Yonkers K A, Pearlstein T, Rosenheck R A
Yale School of Medicine, Department of Psychiatry and School of Public Health, New Haven, CT 06510, USA.
Arch Womens Ment Health. 2003 Nov;6(4):287-92. doi: 10.1007/s00737-003-0026-4.
As with a number of emotional disorders, premenstrual complaints lie on a continuum dictated by severity, number and type of symptoms experienced. Women with premenstrual dysphoric disorder (PMDD) generally constitute the most symptomatic subgroup among those experiencing premenstrual symptoms. Included in the Diagnostic and Statistical Manual IV (DSM-IV) criteria for PMDD is a requirement for a minimum of 5 symptoms and for confirmation of these symptoms over two months by concurrent symptom ratings. These requirements likely influence critical patient characteristics rendering trial participants and typical patients seeking treatment, very different.
Women were recruited from 6 primary care obstetric-gynecological practices for participation in an open trial assessing the effectiveness of a serotonin reuptake inhibitor as a treatment for subsyndromal (3-4 symptoms) and syndromal (>4 symptoms) PMDD. Women were screened with the Brief Patient Health Questionnaire and Last Menstrual Period Module. Eligible women were invited to chart symptoms daily for one cycle using the Daily Record of Severity of Problems. Current comorbidity was allowed if women experienced a cyclic change in mood and behavioral symptoms.

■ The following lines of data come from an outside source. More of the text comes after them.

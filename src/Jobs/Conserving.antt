-- ===== src/Jobs/Conserving.antt =====
-- The jobs that wait in the queue of jobs/job_manager.cpp, and what they wait for.
use drive_lab.Prelude.{
  ℕ, suc, ◌≤◌, ◌≡◌, refl, ◌⊎◌, inl, inr, true, false, ◌||◌, Option, none, List, [], ◌∷◌, ◌++◌, ◌==◌,
  leb, ℤ, is_negative, exceeds, length, count_if-le-length, All, All-append, All-map, arith,
  Bool-cases,
}
use drive_lab.Drive.{DriveId}
use drive_lab.Mode.{ExecutionMode}
use drive_lab.Operation.{OperationRequest}
use drive_lab.Result.{Error}
use drive_lab.Jobs.{
  JobRecord, JobManager, Lock, Ledger, World, is_queued, is_locked, lock_owner, set_lock, write_job,
}
use drive_lab.Jobs.Locks.{lock_owner-set, length-set_lock}
use drive_lab.Jobs.Launch.{start, start_eligible_jobs}
use drive_lab.Jobs.Manager.{
  dispatch, enqueue, submit, update_progress, complete, mark_failed, pause, resume, cancel,
  cancel_queued, cancel_active, new_job,
}
use drive_lab.Jobs.Starting.{launched, refused, start-Started, start_not_queued}
use drive_lab.Jobs.Eligible.{Settled, start_loop-Settled}
use drive_lab.Jobs.Sound.{log_locks, on_job_cases, cancel_cases}
use drive_lab.Jobs.Submit.{submit_cases}

abbrev pub IsSettled : JobManager → Type 0
IsSettled m = Settled m.max_parallel_drives m.jobs m.active_locks

abbrev Waits : List Lock → JobRecord → Type 0
Waits ls j = is_queued j.state ≡ true → is_locked j.drive_id ls ≡ true

pub start_eligible_jobs-IsSettled :
    (w : World) (m : JobManager) → IsSettled (start_eligible_jobs w m)
unfolding start_eligible_jobs
start_eligible_jobs-IsSettled w m =
    start_loop-Settled w m.mode m.max_parallel_drives (suc (length m.jobs)) m.jobs m.ledger
      (omega (arith, count_if-le-length (λ (j : JobRecord). is_queued j.state) m.jobs))

write-Waits :
    (ls : List Lock) (id : ℕ) (j' : JobRecord) (js : List JobRecord)
    → is_queued j'.state ≡ false
    → All (Waits ls) js
    → All (Waits ls) (write_job id j' js)
unfolding write_job
write-Waits ls id j' [] q h = tt
write-Waits ls id j' (j ∷ js) q h = elim (Bool-cases (j.id == id)) [
  | inl hit ↦ rw hit (λ k. ground arith, h.1)
  | inr miss ↦ rw miss (h.0, write-Waits ls id j' js q h.1)
]

write-Settled :
    (limit : ℕ) (ls : List Lock) (id : ℕ) (j' : JobRecord) (js : List JobRecord)
    → is_queued j'.state ≡ false
    → Settled limit js ls
    → Settled limit (write_job id j' js) ls
write-Settled limit ls id j' js q (inl full) = inl full
write-Settled limit ls id j' js q (inr h) = inr (write-Waits ls id j' js q h)

is_locked-set :
    (d e : DriveId) (id : ℕ) (ls : List Lock)
    → is_locked e ls ≡ true
    → is_locked e (set_lock d id ls) ≡ true
is_locked-set d e id ls h = ground (arith, lock_owner-set d e id ls)

append-Settled :
    (limit : ℕ) (ls : List Lock) (j : JobRecord) (js : List JobRecord)
    → (is_queued j.state ≡ false) ⊎ ((is_locked j.drive_id ls ≡ true) ⊎ (limit ≤ length ls))
    → Settled limit js ls
    → Settled limit (js ++ (j ∷ [])) ls
append-Settled limit ls j js h (inl full) = inl full
append-Settled limit ls j js (inl q) (inr a) =
    inr (All-append (Waits ls) js (j ∷ []) a (λ k. ground arith, tt))
append-Settled limit ls j js (inr (inl l)) (inr a) =
    inr (All-append (Waits ls) js (j ∷ []) a (λ k. l, tt))
append-Settled limit ls j js (inr (inr full)) (inr a) = inl full

set-Settled :
    (limit : ℕ) (d : DriveId) (id : ℕ) (ls : List Lock) (js : List JobRecord)
    → lock_owner d ls ≡ none
    → Settled limit js ls
    → Settled limit js (set_lock d id ls)
set-Settled limit d id ls js free (inl full) = inl (omega (arith, length-set_lock d id ls free))
set-Settled limit d id ls js free (inr h) = inr (
    All-map {P = Waits ls} {Q = Waits (set_lock d id ls)}
      (λ j wait q. is_locked-set d j.drive_id id ls (wait q)) js h)

start-Settled :
    (w : World) (mode : ExecutionMode) (limit : ℕ) (j : JobRecord) (js : List JobRecord)
    (l : Ledger)
    → lock_owner j.drive_id l.active_locks ≡ none
    → Settled limit js l.active_locks
    → Settled limit js (start w mode j l).1.active_locks
start-Settled w mode limit j js l free h = elim (start-Started w mode j l) [
  | launched _ _ _ _ e ↦ rw e (set-Settled limit j.drive_id j.id l.active_locks js free h)
  | refused _ _ e ↦ rw e h
]

dispatch-IsSettled :
    (w : World) (job : JobRecord) (m : JobManager) → IsSettled m → IsSettled (dispatch w job m)
unfolding dispatch
dispatch-IsSettled w job m h = elim (Bool-cases (is_queued job.state)) [
  | inr plan ↦
      rw (plan, log_locks w)
        (append-Settled m.max_parallel_drives m.active_locks job m.jobs (inl plan) h)
  | inl q ↦
      elim (Bool-cases (
        is_locked job.drive_id m.active_locks
        || leb m.max_parallel_drives (length m.active_locks))) [
          | inl wait ↦
              rw (q, wait, log_locks w)
                (append-Settled m.max_parallel_drives m.active_locks job m.jobs (inr (ground arith))
                  h)
          | inr go ↦
              rw (q, go)
                (append-Settled m.max_parallel_drives (start w m.mode job m.ledger).1.active_locks
                  (start w m.mode job m.ledger).0 m.jobs
                  (inl (start_not_queued w m.mode job m.ledger))
                  (start-Settled w m.mode m.max_parallel_drives job m.jobs m.ledger (ground arith)
                    h))
        ]
]

module _ (w : World) (m : JobManager) (h : IsSettled m) where
  pub submit-IsSettled : (op : OperationRequest) → IsSettled (submit w op m).0
  submit-IsSettled op = submit_cases IsSettled w op m h λ id a e f.
      unfold enqueue in dispatch-IsSettled w (new_job op id a m.next_id (w.now m.calls)) _ h

  pub update_progress-IsSettled :
      (id : ℕ) (p : ℤ) (r : Option ℤ) → IsSettled (update_progress id p r m).0
  unfolding update_progress
  update_progress-IsSettled id p r = on_job_cases IsSettled id _ _ _ m h λ j e a.
      elim (Bool-cases (is_negative p || exceeds p 100)) [
        | inl bad ↦ rw bad h
        | inr good ↦
            rw good
              (write-Settled m.max_parallel_drives m.active_locks id _ m.jobs (ground arith) h)
      ]

  pub complete-IsSettled : (id : ℕ) → IsSettled (complete w id m).0
  unfolding complete
  complete-IsSettled id =
      on_job_cases IsSettled id _ _ _ m h λ j e a. start_eligible_jobs-IsSettled w _

  pub mark_failed-IsSettled : (id : ℕ) (error : Error) → IsSettled (mark_failed w id error m).0
  unfolding mark_failed
  mark_failed-IsSettled id error =
      on_job_cases IsSettled id _ _ _ m h λ j e a. start_eligible_jobs-IsSettled w _

  pub pause-IsSettled : (id : ℕ) → IsSettled (pause w id m).0
  unfolding pause
  pause-IsSettled id = on_job_cases IsSettled id _ _ _ m h λ j e a.
      rw (log_locks w) (write-Settled m.max_parallel_drives m.active_locks id _ m.jobs refl h)

  pub resume-IsSettled : (id : ℕ) → IsSettled (resume w id m).0
  unfolding resume
  resume-IsSettled id = on_job_cases IsSettled id _ _ _ m h λ j e a.
      rw (log_locks w) (write-Settled m.max_parallel_drives m.active_locks id _ m.jobs refl h)

  pub cancel-IsSettled : (id : ℕ) → IsSettled (cancel w id m).0
  cancel-IsSettled id =
      cancel_cases IsSettled w id m h
        (λ j e q.
          unfold cancel_queued in
          rw (log_locks w) (write-Settled m.max_parallel_drives m.active_locks id _ m.jobs refl h))
        (λ j e a c. unfold cancel_active in start_eligible_jobs-IsSettled w _)
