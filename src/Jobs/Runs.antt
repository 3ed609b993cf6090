-- ===== src/Jobs/Runs.antt =====
-- Sequences of calls of the public operations of jobs/job_manager.cpp.
use drive_lab.Prelude.{
  find_if, ℕ, ◌+◌, ◌^◌, ◌<◌, ◌≤◌, ◌≡◌, refl, ◌∙◌, inl, inr, Bool, true, false, Bool-cases, Option,
  some, List, [], ◌∷◌, ℤ, length, count_if, arith,
}
use drive_lab.Mode.{ExecutionMode}
use drive_lab.Operation.{OperationRequest}
use drive_lab.Result.{Error}
use drive_lab.Jobs.{JobRecord, JobManager, World, find_job, lock_owner}
use drive_lab.Jobs.Manager.{
  new_manager, submit, update_progress, complete, mark_failed, pause, resume, cancel,
}
use drive_lab.Jobs.Moves.{board}
use drive_lab.Jobs.Lockstep.{InStep}
use drive_lab.Jobs.Lockstep.Keeps.{Moves-InStep}
use drive_lab.Jobs.Sound.{
  Did, update_progress-Did, complete-Did, mark_failed-Did, pause-Did, resume-Did, cancel-Did,
}
use drive_lab.Jobs.Submit.{submit-Did}
use drive_lab.Jobs.History.{
  Survives, Moves-Survives, Grown-trans, Grown-refl, AllLawful, Moves-AllLawful,
}
use drive_lab.Jobs.Setup.{
  Kept, submit-Kept, update_progress-Kept, complete-Kept, mark_failed-Kept, pause-Kept, resume-Kept,
  cancel-Kept, update_progress-next_id, complete-next_id, mark_failed-next_id, pause-next_id,
  resume-next_id, cancel-next_id,
}
use drive_lab.Jobs.Conserving.{
  IsSettled, submit-IsSettled, update_progress-IsSettled, complete-IsSettled, mark_failed-IsSettled,
  pause-IsSettled, resume-IsSettled, cancel-IsSettled,
}

-- A call of the manager.
pub data Call : Type 0 where
  submits : OperationRequest → Call
  reports : ℕ → ℤ → Option ℤ → Call
  completes pauses resumes cancels : ℕ → Call
  fails : ℕ → Error → Call

unfoldable pub step : World → JobManager → Call → JobManager
step w m (submits op) = (submit w op m).0
step w m (reports id p r) = (update_progress id p r m).0
step w m (completes id) = (complete w id m).0
step w m (pauses id) = (pause w id m).0
step w m (resumes id) = (resume w id m).0
step w m (cancels id) = (cancel w id m).0
step w m (fails id e) = (mark_failed w id e m).0

unfoldable pub run : World → JobManager → List Call → JobManager
run w m [] = m
run w m (c ∷ cs) = run w (step w m c) cs

-- What holds between two calls.
pub record Consistent (w : World) (m : JobManager) : Type 0 where
  pub in_step : InStep m.max_parallel_drives (board m)
  pub lawful : AllLawful w m.mode m.jobs
  pub settled : IsSettled m

abbrev pub is_submission : Call → Bool
is_submission (submits op) = true
is_submission _ = false

quiet-Did :
    (w : World) (m : JobManager) (c : Call)
    → is_submission c ≡ false
    → Consistent w m
    → Did w m (step w m c)
unfolding step
quiet-Did w m (submits op) q v = cc
quiet-Did w m (reports id p r) q v = update_progress-Did w m v.in_step id p r
quiet-Did w m (completes id) q v = complete-Did w m v.in_step id
quiet-Did w m (pauses id) q v = pause-Did w m v.in_step id
quiet-Did w m (resumes id) q v = resume-Did w m v.in_step id
quiet-Did w m (cancels id) q v = cancel-Did w m v.in_step id
quiet-Did w m (fails id e) q v =
    mark_failed-Did w m v.in_step id e (λ k j f. (v.lawful k j f).at_rest)

quiet-next_id :
    (w : World) (m : JobManager) (c : Call)
    → is_submission c ≡ false
    → (step w m c).next_id ≡ m.next_id
unfolding step
quiet-next_id w m (submits op) q = cc
quiet-next_id w m (reports id p r) q = update_progress-next_id w m id p r
quiet-next_id w m (completes id) q = complete-next_id w m id
quiet-next_id w m (pauses id) q = pause-next_id w m id
quiet-next_id w m (resumes id) q = resume-next_id w m id
quiet-next_id w m (cancels id) q = cancel-next_id w m id
quiet-next_id w m (fails id e) q = mark_failed-next_id w m id e

submission-Did :
    (w : World) (m : JobManager) (c : Call)
    → is_submission c ≡ true
    → m.next_id + 1 < 2 ^ 64
    → Consistent w m
    → Did w m (step w m c)
unfolding step
submission-Did w m (submits op) s h v = submit-Did w m v.in_step op h
submission-Did w m (reports id p r) s h v = cc
submission-Did w m (completes id) s h v = cc
submission-Did w m (pauses id) s h v = cc
submission-Did w m (resumes id) s h v = cc
submission-Did w m (cancels id) s h v = cc
submission-Did w m (fails id e) s h v = cc

-- Every call of a consistent manager moves its board, the job list with the locks and the next id,
-- by a sequence of the moves that an abstract board allows, as long as the next job id is not the
-- last that 64 bits hold.
pub step-Did :
    (w : World) (m : JobManager) (c : Call)
    → m.next_id + 1 < 2 ^ 64
    → Consistent w m
    → Did w m (step w m c)
step-Did w m c h v = elim (Bool-cases (is_submission c)) [
  | inl s ↦ submission-Did w m c s h v
  | inr q ↦ quiet-Did w m c q v
]

step-IsSettled : (w : World) (m : JobManager) (c : Call) → IsSettled m → IsSettled (step w m c)
unfolding step
step-IsSettled w m (submits op) h = submit-IsSettled w m h op
step-IsSettled w m (reports id p r) h = update_progress-IsSettled w m h id p r
step-IsSettled w m (completes id) h = complete-IsSettled w m h id
step-IsSettled w m (pauses id) h = pause-IsSettled w m h id
step-IsSettled w m (resumes id) h = resume-IsSettled w m h id
step-IsSettled w m (cancels id) h = cancel-IsSettled w m h id
step-IsSettled w m (fails id e) h = mark_failed-IsSettled w m h id e

pub step-Kept : (w : World) (m : JobManager) (c : Call) → Kept m (step w m c)
unfolding step
step-Kept w m (submits op) = submit-Kept w m op
step-Kept w m (reports id p r) = update_progress-Kept w m id p r
step-Kept w m (completes id) = complete-Kept w m id
step-Kept w m (pauses id) = pause-Kept w m id
step-Kept w m (resumes id) = resume-Kept w m id
step-Kept w m (cancels id) = cancel-Kept w m id
step-Kept w m (fails id e) = mark_failed-Kept w m id e

Did-Consistent :
    (w : World) (m : JobManager) (c : Call)
    → Did w m (step w m c)
    → Consistent w m
    → Consistent w (step w m c)
Did-Consistent w m c d v =
    let k = step-Kept w m c in
    record {
      in_step = rw k.same_limit (Moves-InStep d v.in_step);
      lawful = rw k.same_mode (Moves-AllLawful d v.lawful);
      settled = step-IsSettled w m c v.settled;
    }

-- Every call of a consistent manager leaves it consistent, as long as the next job id is not the last
-- that 64 bits hold.
pub step-Consistent :
    (w : World) (m : JobManager) (c : Call)
    → m.next_id + 1 < 2 ^ 64
    → Consistent w m
    → Consistent w (step w m c)
step-Consistent w m c h v = Did-Consistent w m c (step-Did w m c h v) v

-- A call that submits nothing takes no job id.
pub quiet-Consistent :
    (w : World) (m : JobManager) (c : Call)
    → is_submission c ≡ false
    → Consistent w m
    → Consistent w (step w m c) × ((step w m c).next_id ≡ m.next_id)
quiet-Consistent w m c q v = (Did-Consistent w m c (quiet-Did w m c q v) v, quiet-next_id w m c q)

pub run-Consistent :
    (w : World) (m : JobManager) (cs : List Call)
    → m.next_id + length cs < 2 ^ 64
    → Consistent w m
    → Consistent w (run w m cs)
unfolding run
run-Consistent w m [] h v = v
run-Consistent w m (c ∷ cs) h v =
    run-Consistent w (step w m c) cs (omega (arith, (step-Kept w m c).next_bound))
      (step-Consistent w m c (omega arith) v)

pub run-Survives :
    (w : World) (m : JobManager) (cs : List Call) (k : ℕ) (i : JobRecord)
    → m.next_id + length cs < 2 ^ 64
    → Consistent w m
    → find_job k m.jobs ≡ some i
    → Survives k i (run w m cs).jobs
unfolding run
run-Survives w m [] k i h v f = (i, f, Grown-refl i)
run-Survives w m (c ∷ cs) k i h v f =
    let (j, g, u) = Moves-Survives k i (step-Did w m c (omega arith) v) f in
    let (l, e, t) =
      run-Survives w (step w m c) cs k j (omega (arith, (step-Kept w m c).next_bound))
        (step-Consistent w m c (omega arith) v) g in
    (l, e, Grown-trans i j l u t)

pub run-next_id :
    (w : World) (m : JobManager) (cs : List Call) → (run w m cs).next_id ≤ m.next_id + length cs
unfolding run
run-next_id w m [] = omega arith
run-next_id w m (c ∷ cs) =
    omega (arith, (step-Kept w m c).next_bound, run-next_id w (step w m c) cs)

pub run-Kept :
    (w : World) (m : JobManager) (cs : List Call)
    → ((run w m cs).mode ≡ m.mode) × ((run w m cs).max_parallel_drives ≡ m.max_parallel_drives)
unfolding run
run-Kept w m [] = (refl, refl)
run-Kept w m (c ∷ cs) =
    let k = step-Kept w m c in
    let r = run-Kept w (step w m c) cs in (r.0 ∙ k.same_mode, r.1 ∙ k.same_limit)

new_manager-Consistent :
    (w : World) (mode : ExecutionMode) (limit : ℕ) → Consistent w (new_manager mode limit)
unfolding new_manager find_job find_if lock_owner count_if
new_manager-Consistent w mode limit = record {
  in_step = record {
    fresh = λ k le. refl;
    distinct = tt;
    keys = tt;
    held = λ k j f a. absurd (cc);
    owned = λ d id e. absurd (cc);
    bounded = omega arith;
    counted = refl;
  };
  lawful = λ k j f. absurd (cc);
  settled = inr tt;
}

-- The manager after any calls since it was made.
abbrev pub after_calls : World → ExecutionMode → ℕ → List Call → JobManager
after_calls w mode limit cs = run w (new_manager mode limit) cs

pub after_calls-Consistent :
    (w : World) (mode : ExecutionMode) (limit : ℕ) (cs : List Call)
    → length cs + 1 < 2 ^ 64
    → Consistent w (after_calls w mode limit cs)
after_calls-Consistent w mode limit cs h =
    run-Consistent w (new_manager mode limit) cs (unfold new_manager in omega arith)
      (new_manager-Consistent w mode limit)
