-- ===== src/Sync/Switch/Running.antt =====
-- Which threads have the state RUNNING.
use cross_shim.Base.{
  ℕ, zero, suc, ◌+◌, ◌≡◌, refl, Bool, true, false, ◌&&◌, not, Option, none, some, List, ◌⊎◌, inl,
  inr, arith, ◌==◌, if◌then◌else◌, ap, ◌∙◌, Bool-cases, Option-cases,
}
use cross_shim.Container.Dict
use cross_shim.Container.Dict.{lookup, lookup-insert}
use cross_shim.Sync.{ThreadManager, ThreadContext}
use cross_shim.Sync.Scheduler.{
  SwitchReason, Host, is_running, is_runnable, is_terminated, select_next_thread, save_thread_state,
  restore_thread_state,
}
use cross_shim.Sync.Switch.{
  is_voluntary, park, some_waiting, all_terminated, look_again, find_next_thread, run_thread, enter,
  stay, retry_select, switch_thread, context_switch,
}
use cross_shim.Sync.Scheduler.Rouse.{rouse, select-lookup}

abbrev pub running_at : Option ThreadContext → Bool
running_at none = false
running_at (some c) = is_running c.state

-- At most the current thread runs.
abbrev pub OneRuns : ThreadManager → Type 0
OneRuns s = (t : ℕ) → (running_at (lookup t s.threads) ≡ false) ⊎ (t ≡ s.current_thread_id)

-- While the scheduler looks for a thread nobody runs.
abbrev NoneRuns : ThreadManager → Type 0
NoneRuns s = (t : ℕ) → running_at (lookup t s.threads) ≡ false

-- What a change of one entry leaves.
insert-running_at :
    (k t : ℕ) (c : ThreadContext) (m : List (ℕ × ThreadContext))
    → running_at (lookup t m) ≡ false
    → (running_at (lookup t (Dict.insert k c m)) ≡ false) ⊎ (t ≡ k)
insert-running_at k t c m e = elim (Bool-cases (k == t)) [
  | inl same ↦ inr (ground arith)
  | inr diff ↦ inl (ap running_at (lookup-insert k t c m) ∙ rw (diff) e)
]

rouse-running_at :
    (test : ThreadContext → Bool) (o : Option ThreadContext)
    → running_at o ≡ false
    → running_at (rouse test o) ≡ false
unfolding is_running
rouse-running_at test none e = refl
rouse-running_at test (some c) e = elim (Bool-cases (test c)) [
  | inl ready ↦ rw (ready) refl
  | inr not' ↦ rw (not') e
]

select-NoneRuns : (h : Host) (s : ThreadManager) → NoneRuns s → NoneRuns (select_next_thread h s).1
select-NoneRuns h s idle t =
    ap running_at (select-lookup h s t)
    ∙ rouse-running_at _ _ (rouse-running_at _ (lookup t s.threads) (idle t))

again-NoneRuns :
    (hosts : ℕ → Host) (r : Option ℕ × ThreadManager)
    → NoneRuns r.1
    → NoneRuns (look_again hosts r).1
unfolding look_again
again-NoneRuns hosts (some t, s) idle = idle
again-NoneRuns hosts (none, s) idle = elim (Bool-cases (some_waiting s.threads)) [
  | inl e ↦ rw (look_again, e) (select-NoneRuns (hosts 1) s idle)
  | inr e ↦ rw (look_again, e) idle
]

run-OneRuns : (s : ThreadManager) (u : ℕ) → NoneRuns s → OneRuns (run_thread s u)
unfolding run_thread restore_thread_state
run-OneRuns s u idle = elim (Option-cases (lookup u s.threads)) [
  | inl e ↦ rw (run_thread, e) (λ t. inl (idle t))
  | inr (c, e) ↦ rw (run_thread, e) (λ t. insert-running_at u t _ s.threads (idle t))
]

retry-OneRuns :
    (hosts : ℕ → Host) (n : ℕ) (s : ThreadManager) → NoneRuns s → OneRuns (retry_select hosts n s)
unfolding retry_select
retry-OneRuns hosts zero s idle = λ t. inl (idle t)
retry-OneRuns hosts (suc n) s idle =
    let h = hosts (2 + n) in
    let idle' = select-NoneRuns h s idle in
    elim (Option-cases (select_next_thread h s).0) [
      | inl e ↦ rw (retry_select, e) (retry-OneRuns hosts n (select_next_thread h s).1 idle')
      | inr (u, e) ↦ rw (retry_select, e) (run-OneRuns (select_next_thread h s).1 u idle')
    ]

stay-OneRuns :
    (hosts : ℕ → Host) (s : ThreadManager) (c : ThreadContext)
    → NoneRuns s
    → OneRuns (stay hosts s c)
unfolding stay
stay-OneRuns hosts s c idle = elim (Bool-cases (is_terminated c.state)) [
  | inl ended ↦ elim (Bool-cases (all_terminated s.threads)) [
    | inl all ↦ rw (ended, all) (λ t. inl (idle t))
    | inr alive ↦ rw (ended, alive) (retry-OneRuns hosts 10 s idle)
  ]
  | inr not' ↦ elim (Bool-cases (is_runnable c.state)) [
    | inl ready ↦
        rw (not', ready) (λ t. insert-running_at s.current_thread_id t _ s.threads (idle t))
    | inr asleep ↦ rw (not', asleep) (λ t. inl (idle t))
  ]
]

enter-OneRuns :
    (hosts : ℕ → Host) (r : Option ℕ × ThreadManager) → NoneRuns r.1 → OneRuns (enter hosts r)
unfolding enter
enter-OneRuns hosts (some u, s) idle = run-OneRuns s u idle
enter-OneRuns hosts (none, s) idle = elim (Option-cases (lookup s.current_thread_id s.threads)) [
  | inl e ↦ rw (enter, e) (λ t. inl (idle t))
  | inr (c, e) ↦ rw (enter, e) (stay-OneRuns hosts s c idle)
]

switch-OneRuns :
    (hosts : ℕ → Host) (s : ThreadManager) → NoneRuns s → OneRuns (switch_thread hosts s)
unfolding switch_thread find_next_thread
switch-OneRuns hosts s idle =
    let first = select_next_thread (hosts 0) s in
    enter-OneRuns hosts (look_again hosts first)
      (again-NoneRuns hosts first (select-NoneRuns (hosts 0) s idle))

-- An entry that does not run, in place of the current thread's.
left-NoneRuns :
    (s : ThreadManager) (c : ThreadContext) (t : ℕ)
    → OneRuns s
    → is_running c.state ≡ false
    → running_at (lookup t (Dict.insert s.current_thread_id c s.threads)) ≡ false
left-NoneRuns s c t one e = elim (Bool-cases (s.current_thread_id == t)) [
  | inl same ↦ ap running_at (lookup-insert s.current_thread_id t c s.threads) ∙ rw (same) e
  | inr diff ↦
      ap running_at (lookup-insert s.current_thread_id t c s.threads)
      ∙ rw (diff) (ground (arith, one t, diff))
]

either-idle :
    (b : Bool) (x y : ThreadContext)
    → is_running x.state ≡ false
    → is_running y.state ≡ false
    → is_running (if b then x else y).state ≡ false
either-idle true x y e f = e
either-idle false x y e f = f

park-NoneRuns : (s : ThreadManager) (c : ThreadContext) → OneRuns s → NoneRuns (park s c)
unfolding park save_thread_state is_running
park-NoneRuns s c one t = elim (Bool-cases (is_running c.state)) [
  | inl runs ↦ rw (runs) (left-NoneRuns s _ t one refl)
  | inr idle ↦ rw (idle) (left-NoneRuns s _ t one (either-idle _ _ _ idle idle))
]

-- If at most the current thread runs, then so it is after a switch, whatever its reason and whatever
-- thread it chooses: no two threads run at once.
pub context_switch-OneRuns :
    (hosts : ℕ → Host) (s : ThreadManager) (reason : SwitchReason)
    → OneRuns s
    → OneRuns (context_switch hosts s reason)
unfolding context_switch
context_switch-OneRuns hosts s reason one =
    elim (Option-cases (lookup s.current_thread_id s.threads)) [
      | inl e ↦ rw (context_switch, e) one
      | inr (c, e) ↦ elim (Bool-cases (c.block_next_switch && not (is_voluntary reason))) [
        | inl refused ↦ rw (context_switch, e, refused) one
        | inr goes ↦
            rw (context_switch, e, goes) (switch-OneRuns hosts (park s c) (park-NoneRuns s c one))
      ]
    ]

47% of 904 women screened in practice settings (n=426) endorsed current PMS symptoms. Of this group, 174 (41%) were not interested in receiving treatment through a research study, 152 (36%) were not eligible to receive treatment (symptoms not severe enough, subsequently declined premenstrual symptom worsening, were already taking a psychotropic or wanted to conceive), 10% were lost to follow-up or had incomplete questionnaires, and 41 (10%) agreed to chart. Of women who charted, 9 (22%) verified symptoms. 93 women (22% of the 426) had comorbid MDD, 23 (5.4%) had minor depressive disorder and 61 (14%) had panic disorder. 24% of women with possible PMDD endorsed suicidal thoughts at any level (several days, more than half the days or every day); 20% endorsed these thoughts for several days. These results are used as a springboard to discuss how treatment results from efficacy trials may differ from treatment results that include women seeking treatment in usual care settings.
These preliminary findings show that many women in primary care ob-gyn settings endorse serious premenstrual symptoms and have concurrent psychiatric conditions. Despite this, interest in study participation was low. This occurred even though the current study employed procedures that were much less rigorous than those used in the typical efficacy study. More work is needed to explore how the selectivity of patients included in clinical trials may bias estimates of how effective many agents will be in actual clinical practice.
与许多情绪障碍一样,经前不适症状存在一个由所经历症状的严重程度、数量和类型所决定的连续谱。经前烦躁障碍(PMDD)女性通常是经前症状女性中症状最明显的亚组。《精神疾病诊断与统计手册》第四版(DSM-IV)中PMDD的诊断标准包括至少5种症状,以及通过同期症状评分在两个月内确认这些症状。这些要求可能会影响关键的患者特征,使得试验参与者与寻求治疗的典型患者有很大不同。
从6家初级保健妇产科诊所招募女性参与一项开放试验,评估一种5-羟色胺再摄取抑制剂治疗亚综合征(3 - 4种症状)和综合征(>4种症状)PMDD的有效性。使用简短患者健康问卷和末次月经周期模块对女性进行筛查。符合条件的女性被邀请使用问题严重程度每日记录,连续一个周期每天记录症状。如果女性的情绪和行为症状有周期性变化,则允许存在当前合并症。
在实际诊所环境中筛查的904名女性(n = 426)中,47%认可当前存在经前综合征症状。在这组女性中,174名(41%)对通过研究接受治疗不感兴趣,152名(36%)不符合接受治疗的条件(症状不够严重、随后经前症状恶化情况下降、已经在服用精神药物或想要怀孕),10%失访或问卷不完整,41名(10%)同意记录症状。在记录症状的女性中,9名(22%)症状得到证实。93名女性(426名中的22%)患有合并性重度抑郁症,23名(5.4%)患有轻度抑郁症,61名(14%)患有惊恐障碍。24%可能患有PMDD的女性在任何程度上(几天、超过一半天数或每天)认可有自杀念头;20%认可这些念头持续了几天。这些结果被用作一个跳板,来讨论疗效试验的治疗结果与包括在常规护理环境中寻求治疗的女性的治疗结果可能有何不同。
这些初步发现表明,许多初级保健妇产科环境中的女性认可严重的经前症状且存在并发的精神疾病。尽管如此,参与研究的兴趣较低。即使当前研究采用的程序比典型疗效研究使用的程序宽松得多,这种情况仍然发生。需要开展更多工作来探索临床试验中纳入患者的选择性如何可能使对许多药物在实际临床实践中有效性的估计产生偏差。